OP if your car sees "severe" duty conditions like lots of short trips (10 min or less), driving in dusty areas, large temperature ranges, track time, etc then 5-7k miles is generally a good interval for a good full synthetic. If its a highway cruiser 10k shouldn't be a problem.


----------



## AZV6 (May 3, 2006)

*Re: How long ca n Igo on Synthetic? (golfer007)*

If your using a 100% true synthetic oil that is VW approved 502/501/500 oil 5w-40 then honestly another 3-4K would not hurt it. But most likely you bought US made castrol which is not very synthetic really and I would change it as soon as you can but it is not that much of a concern if an approved oil.
I think you can run much longer with synthetic. 3K is way to early IMO only because the interval is 10K for a Vr6. Not sure where you got 3k?
I usually can run 15k miles with the oil I use. 
So yes uber stupid question when you have not read the manual. Cleary stated in owners manual and bentley MY 2000 model VR6 10K mile intervals, using approved oil. Regardless of how you drive IMO. Approved oil especially European 100% synthetic can take a beating, no need to waste money and change at 5-7K. Unless your on the track beating the crap out of it on a daily basis there is no need to change early. Using that K&N and swiss cheese box junk, you may want to change at 1K. I would dump that filter and replace the box to normal. 
Not only are you bringing in engine heat but that filter is bringing in plenty of dirt into your motor. Those things are useless for filtering. Use a paper OEM for best filtering, replace box as swiss cheesed boxes do nothing. You think the VW engineers would have done that already if it was a proven improvement and would use K&N filters as well. No manufacturer uses such a set up due to the fact that they know they are useless junk.
I have a filter test done by a scientist in SAE testing facility showing that K&N has terrible filtering compared to OEM paper.
SEE HERE: http://www.roadkill.com/~davet....html
bare in mind the flow rate with this paper filter used is low but it does not mean that the car with a paper filter will suffer from low performance and the K&n with higher flow will gain in performance. 
Paper filter is what OEM uses and what your HP rating is based on. K&N will not improve performance nor will it filter very will. See in the chart the filter capabilities of the K&N with micro particles? NOT GOOD for k&N. Those filters are all hype marketing.

Jason

_Quote, originally posted by *golfer007* »_Alright so I know this is a uber stupid question. I had my oild changed with castrol synthetic and the reccomended change was at 100,600 miles and my odometer reads close to 104,000....should I get it changed asap or how many miles should I go? The recommended change date was obviously at 3k but you can run longer with synthetic correct? 
Thanks for the aswers ahead of time, 
Freelander 

_Modified by AZV6 at 9:59 AM 10-2-2008_

_Modified by AZV6 at 10:04 AM 10-2-2008_


_Modified by AZV6 at 10:33 AM 10-2-2008_


----------



## tjl (Mar 24, 2001)

*Re: How long ca n Igo on Synthetic? (bcze1)*


_Quote, originally posted by *bcze1* »_
From his sig...2000 Tropic Orange VR GTi TT/Borla-Swiss Cheese w/K&N.
Its possible the OP's owner's manual doesn't specifically reference synthetic service intervals. 
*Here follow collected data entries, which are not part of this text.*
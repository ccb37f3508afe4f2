-- ===== src/Nanopb/Decode/Bounds.antt =====
-- Where the decoders of values store.
pub mod Items
pub mod Counts
pub mod Arrays
use answrapp.Common.{
  ℕ, zero, suc, ◌+◌, ◌-◌, ◌*◌, ◌%◌, ◌^◌, ◌≤◌, ◌<◌, ◌≡◌, ◌≢◌, refl, sym, ◌⊎◌, inl, inr, Bool, true,
  false, ◌&&◌, Bool-cases, Option, none, some, List, get_or, arith, ltb, leb, ◌==◌, ==_iff,
  if◌then◌else◌,
}
use answrapp.Common.Int.{ℤ, signed, pattern_of, ◌=ℤ◌}
use answrapp.Nanopb.Types.{
  Field, ltype, htype, atype, Error, bytes_overflow, string_overflow, size_max, integer_too_large,
}
use answrapp.Nanopb.Types.Ltype
use answrapp.Nanopb.Types.Htype
use answrapp.Nanopb.Types.Atype
use answrapp.Nanopb.Input.{read}
use answrapp.Nanopb.Varint.{decode_varint, decode_varint32}
use answrapp.Nanopb.Scalar.{decode_bool, decode_svarint, decode_fixed32, decode_fixed64}
use answrapp.Nanopb.Field.{narrow, narrow_unsigned, bytes_alloc_size}
use answrapp.Nanopb.Decode.{
  Machine, Outcome, Step, ◌>>=◌, ◌>>◌, pure, give, reading, raise, changing, attempt, write_number,
  write_list, byte_of, Context, MessageDecoder,
}
use answrapp.Nanopb.Decode.Value.{
  dec_bool, store_signed, dec_varint, store_unsigned, dec_uvarint, dec_svarint, dec_fixed32,
  dec_fixed64, room, fill_bytes, dec_bytes, fill_string, dec_string, dec_fixed_length_bytes,
  dec_value,
}
use answrapp.Nanopb.Struct
use answrapp.Nanopb.Decode
use answrapp.Nanopb.Decode.Value
use answrapp.Nanopb.Decode.Keeps.{
  Keeps, Apart, bind-Keeps, then-Keeps, if-Keeps, reading-Keeps, raise-Keeps, pure-Keeps,
  fault-Keeps, give-Keeps, attempt-Keeps, write-Keeps,
}

-- A field whose size is that of its type: at least one byte for a bool, four and eight for the
-- fixed-width numbers, which the decoders store whatever `data_size` is.
pub record IsSized (field : Field) : Type 0 where
  pub bool : ltype field.type ≡ Ltype.bool → 1 ≤ field.data_size
  pub fixed32 : ltype field.type ≡ Ltype.fixed32 → 4 ≤ field.data_size
  pub fixed64 : ltype field.type ≡ Ltype.fixed64 → 8 ≤ field.data_size

module _ (Free : ℕ → Type 0) (field : Field) (dest : ℕ)
    (own : (x : ℕ) → Free x → Apart dest field.data_size x) where
  own_write :
      (a count : ℕ) (bytes : ℕ → ℕ)
      → dest ≤ a
      → a + count ≤ dest + field.data_size
      → Keeps Free (changing (Struct.write_bytes a count bytes))
  own_write a count bytes lo hi = write-Keeps a count bytes (λ x free. within x (own x free))
    where
      within : (x : ℕ) → Apart dest field.data_size x → Apart a count x
      within x (inl lt) = inl (omega arith)
      within x (inr ge) = inr (omega arith)

  dec_bool-Keeps : 1 ≤ field.data_size → Keeps Free (dec_bool dest)
  unfolding dec_bool
  dec_bool-Keeps h =
      bind-Keeps (reading-Keeps decode_bool)
        (λ value. own_write dest 1 (byte_of (if value then 1 else 0)) (omega arith) (omega arith))

  store_signed-Keeps :
      (o : Option ℤ) (svalue : ℤ) → Keeps Free (store_signed o field.data_size dest svalue)
  store_signed-Keeps none svalue = raise-Keeps _
  store_signed-Keeps (some clamped) svalue =
      then-Keeps
        (own_write dest field.data_size (byte_of (pattern_of (8 * field.data_size) clamped))
          (omega arith) (omega arith))
        (if-Keeps (clamped =ℤ svalue) (λ e. pure-Keeps tt) (λ e. raise-Keeps integer_too_large))

  store_unsigned-Keeps :
      (o : Option ℕ) (value : ℕ) → Keeps Free (store_unsigned o field.data_size dest value)
  store_unsigned-Keeps none value = raise-Keeps _
  store_unsigned-Keeps (some clamped) value =
      then-Keeps (own_write dest field.data_size (byte_of clamped) (omega arith) (omega arith))
        (if-Keeps (clamped == value) (λ e. pure-Keeps tt) (λ e. raise-Keeps integer_too_large))

  dec_varint-Keeps : Keeps Free (dec_varint field dest)
  unfolding dec_varint
  dec_varint-Keeps = bind-Keeps (reading-Keeps decode_varint) (λ value.
      let svalue = if field.data_size == 8 then signed 64 value else signed 32 (value % 2 ^ 32) in
      store_signed-Keeps (narrow field.data_size svalue) svalue)

  dec_uvarint-Keeps : Keeps Free (dec_uvarint field dest)
  unfolding dec_uvarint
  dec_uvarint-Keeps =
      bind-Keeps (reading-Keeps decode_varint)
        (λ value. store_unsigned-Keeps (narrow_unsigned field.data_size value) value)

  dec_svarint-Keeps : Keeps Free (dec_svarint field dest)
  unfolding dec_svarint
  dec_svarint-Keeps =
      bind-Keeps (reading-Keeps decode_svarint)
        (λ value. store_signed-Keeps (narrow field.data_size value) value)

  dec_fixed32-Keeps : 4 ≤ field.data_size → Keeps Free (dec_fixed32 dest)
  unfolding dec_fixed32
  dec_fixed32-Keeps h =
      bind-Keeps (reading-Keeps decode_fixed32)
        (λ value. own_write dest 4 (byte_of value) (omega arith) (omega arith))

  dec_fixed64-Keeps : 8 ≤ field.data_size → Keeps Free (dec_fixed64 dest)
  unfolding dec_fixed64
  dec_fixed64-Keeps h =
      bind-Keeps (reading-Keeps decode_fixed64)
        (λ value. own_write dest 8 (byte_of value) (omega arith) (omega arith))

  module _ (ctx : Context) (is_static : atype field.type ≡ Atype.static) where
    not_pointer : (atype field.type == Atype.pointer) ≡ false
    not_pointer = rw is_static refl

    -- In a static field the room is the field itself.
    room-Keeps :
        (alloc_size : ℕ) (overflow : Error) (k : ℕ → Step (Unit {0}))
        → (alloc_size ≤ field.data_size → Keeps Free (k dest))
        → Keeps Free (room ctx field dest alloc_size overflow >>= k)
    unfolding room
    room-Keeps alloc_size overflow k h =
        rw not_pointer (elim (Bool-cases (ltb field.data_size alloc_size)) [
          | inl short ↦ rw short (raise-Keeps overflow)
          | inr long ↦ rw long (same (h (ground arith)))
        ])
      where
        same : Keeps Free (k dest) → Keeps Free (pure dest >>= k)
        same p = p

    fill_bytes-Keeps : (size : ℕ) → size + 4 ≤ field.data_size → Keeps Free (fill_bytes size dest)
    fill_bytes-Keeps size h =
        then-Keeps (own_write dest 4 (byte_of size) (omega arith) (omega arith)) (
          bind-Keeps (reading-Keeps (read size)) (λ bytes.
            own_write (dest + 4) size (λ i. get_or bytes i 0) (omega arith) (omega arith)))

    fill_string-Keeps : (size : ℕ) → size + 1 ≤ field.data_size → Keeps Free (fill_string size dest)
    fill_string-Keeps size h =
        bind-Keeps
          (attempt-Keeps (
            bind-Keeps (reading-Keeps (read size))
              (λ bytes. own_write dest size (λ i. get_or bytes i 0) (omega arith) (omega arith))))
          (λ status.
            then-Keeps (own_write (dest + size) 1 (byte_of 0) (omega arith) (omega arith))
              (give-Keeps status))

    dec_bytes-Keeps : Keeps Free (dec_bytes ctx field dest)
    unfolding dec_bytes
    dec_bytes-Keeps = bind-Keeps (reading-Keeps decode_varint32) (λ size.
        if-Keeps (ltb size_max size) (λ e. raise-Keeps bytes_overflow)
          (λ small.
            if-Keeps (ltb (bytes_alloc_size size) size) (λ e. raise-Keeps _)
              (λ e.
                room-Keeps (bytes_alloc_size size) bytes_overflow (fill_bytes size)
                  (λ fits. fill_bytes-Keeps size (ground arith)))))

    dec_string-Keeps : Keeps Free (dec_string ctx field dest)
    unfolding dec_string
    dec_string-Keeps = bind-Keeps (reading-Keeps decode_varint32) (λ size.
        if-Keeps (ltb ((size + 1) % 2 ^ 32) size) (λ e. raise-Keeps _)
          (λ no_wrap.
            room-Keeps ((size + 1) % 2 ^ 32) string_overflow (fill_string size)
              (λ fits. fill_string-Keeps size (ground arith))))

  dec_fixed_length_bytes-Keeps : Keeps Free (dec_fixed_length_bytes field dest)
  unfolding dec_fixed_length_bytes
  dec_fixed_length_bytes-Keeps = bind-Keeps (reading-Keeps decode_varint32) (λ size.
      if-Keeps (ltb size_max size) (λ e. raise-Keeps _)
        (λ e.
          if-Keeps (size == 0)
            (λ e. own_write dest field.data_size (λ i. 0) (omega arith) (omega arith))
            (λ e.
              if-Keeps (size == field.data_size)
                (λ e. bind-Keeps (reading-Keeps (read field.data_size)) (λ bytes.
                  own_write dest field.data_size (λ i. get_or bytes i 0) (omega arith)
                    (omega arith)))
                (λ e. raise-Keeps _))))

  -- The decoder of a value that is no submessage stores only in the `data_size` bytes at `dest`, in a
  -- static field.
  pub dec_value-Keeps :
      (ctx : Context) (decode decode_noinit : MessageDecoder)
      → atype field.type ≡ Atype.static
      → ltype field.type ≢ Ltype.submessage
      → IsSized field
      → Keeps Free (dec_value ctx decode decode_noinit field dest)
  unfolding dec_value
  dec_value-Keeps ctx decode decode_noinit is_static plain sized =
      let is = λ (k : ℕ) (e : (ltype field.type == k) ≡ true). (==_iff (ltype field.type) k).0 e in
      if-Keeps (ltype field.type == Ltype.bool) (λ e. dec_bool-Keeps (sized.bool (is _ e)))
        (λ e.
          if-Keeps (ltype field.type == Ltype.varint) (λ e. dec_varint-Keeps)
            (λ e.
              if-Keeps (ltype field.type == Ltype.uvarint) (λ e. dec_uvarint-Keeps)
                (λ e.
                  if-Keeps (ltype field.type == Ltype.svarint) (λ e. dec_svarint-Keeps)
                    (λ e.
                      if-Keeps (ltype field.type == Ltype.fixed32)
                        (λ e. dec_fixed32-Keeps (sized.fixed32 (is _ e)))
                        (λ e.
                          if-Keeps (ltype field.type == Ltype.fixed64)
                            (λ e. dec_fixed64-Keeps (sized.fixed64 (is _ e))) (λ e. blobs is))))))
    where
      blobs :
          ((k : ℕ) → (ltype field.type == k) ≡ true → ltype field.type ≡ k)
          → Keeps Free (
              if ltype field.type == Ltype.bytes
              then dec_bytes ctx field dest
              else if ltype field.type == Ltype.string
              then dec_string ctx field dest
              else if ltype field.type == Ltype.submessage
              then Value.dec_submessage ctx decode decode_noinit field dest
              else if ltype field.type == Ltype.fixed_length_bytes
              then dec_fixed_length_bytes field dest
              else (λ s. Decode.fault))
      blobs is =
          if-Keeps (ltype field.type == Ltype.bytes) (λ e. dec_bytes-Keeps ctx is_static)
            (λ e.
              if-Keeps (ltype field.type == Ltype.string) (λ e. dec_string-Keeps ctx is_static)
                (λ e.
                  if-Keeps (ltype field.type == Ltype.submessage) (λ e. absurd (plain (is _ e)))
                    (λ e.
                      if-Keeps (ltype field.type == Ltype.fixed_length_bytes)
                        (λ e. dec_fixed_length_bytes-Keeps) (λ e. fault-Keeps))))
However, if the owner's manual specifies 5W-40 oil, then he should have been using synthetic anyway (5W-40 only comes in synthetic). And a VW update in 2004 or so said that 1998-then current VW gasoline engines in the US should use VW 502.00 rated oil, which only comes in synthetic. (But note that not all synthetic oils have the VW 502.00 rating. Of the Castrol Syntec grades, 5W-40 and 0W-30 are the ones to check; the common 5W-30 does not have the VW 502.00 rating.)
The VR6 engine has 10,000 mile oil changes after the first two at 5,000 and 10,000 miles. However, modifications or track use may result in more severe service than expected. If that is the case, taking oil analysis samples would be a good way to determine the lifetime of the oil under your driving conditions.


----------



## bcze1 (Feb 6, 2007)

*Re: How long ca n Igo on Synthetic? (tjl)*


_Quote, originally posted by *tjl* »_
However, if the owner's manual specifies 5W-40 oil, then he should have been using synthetic anyway (5W-40 only comes in synthetic). 

I'm aware, though the OP likely isn't.


----------



## golfer007 (Mar 4, 2008)

*Re: How long ca n Igo on Synthetic? (bcze1)*

Wow, lol thanks everyone for the awesome feedback!! Alright, I think im gonna start going to a VW shop and using the European oils! Thanks a lot guys once again. 
Freelander


----------



## specialforces27 (May 5, 2008)

*Re: How long ca n Igo on Synthetic? (golfer007)*

why go to a VW shop?? Changing oil is like the easiest thing you can do on a car......save yourself money and make sure the job is done right by buying good quality synthetic (i use mobil 1) and doing the job yourself.


----------



## spiff-d (Oct 25, 2008)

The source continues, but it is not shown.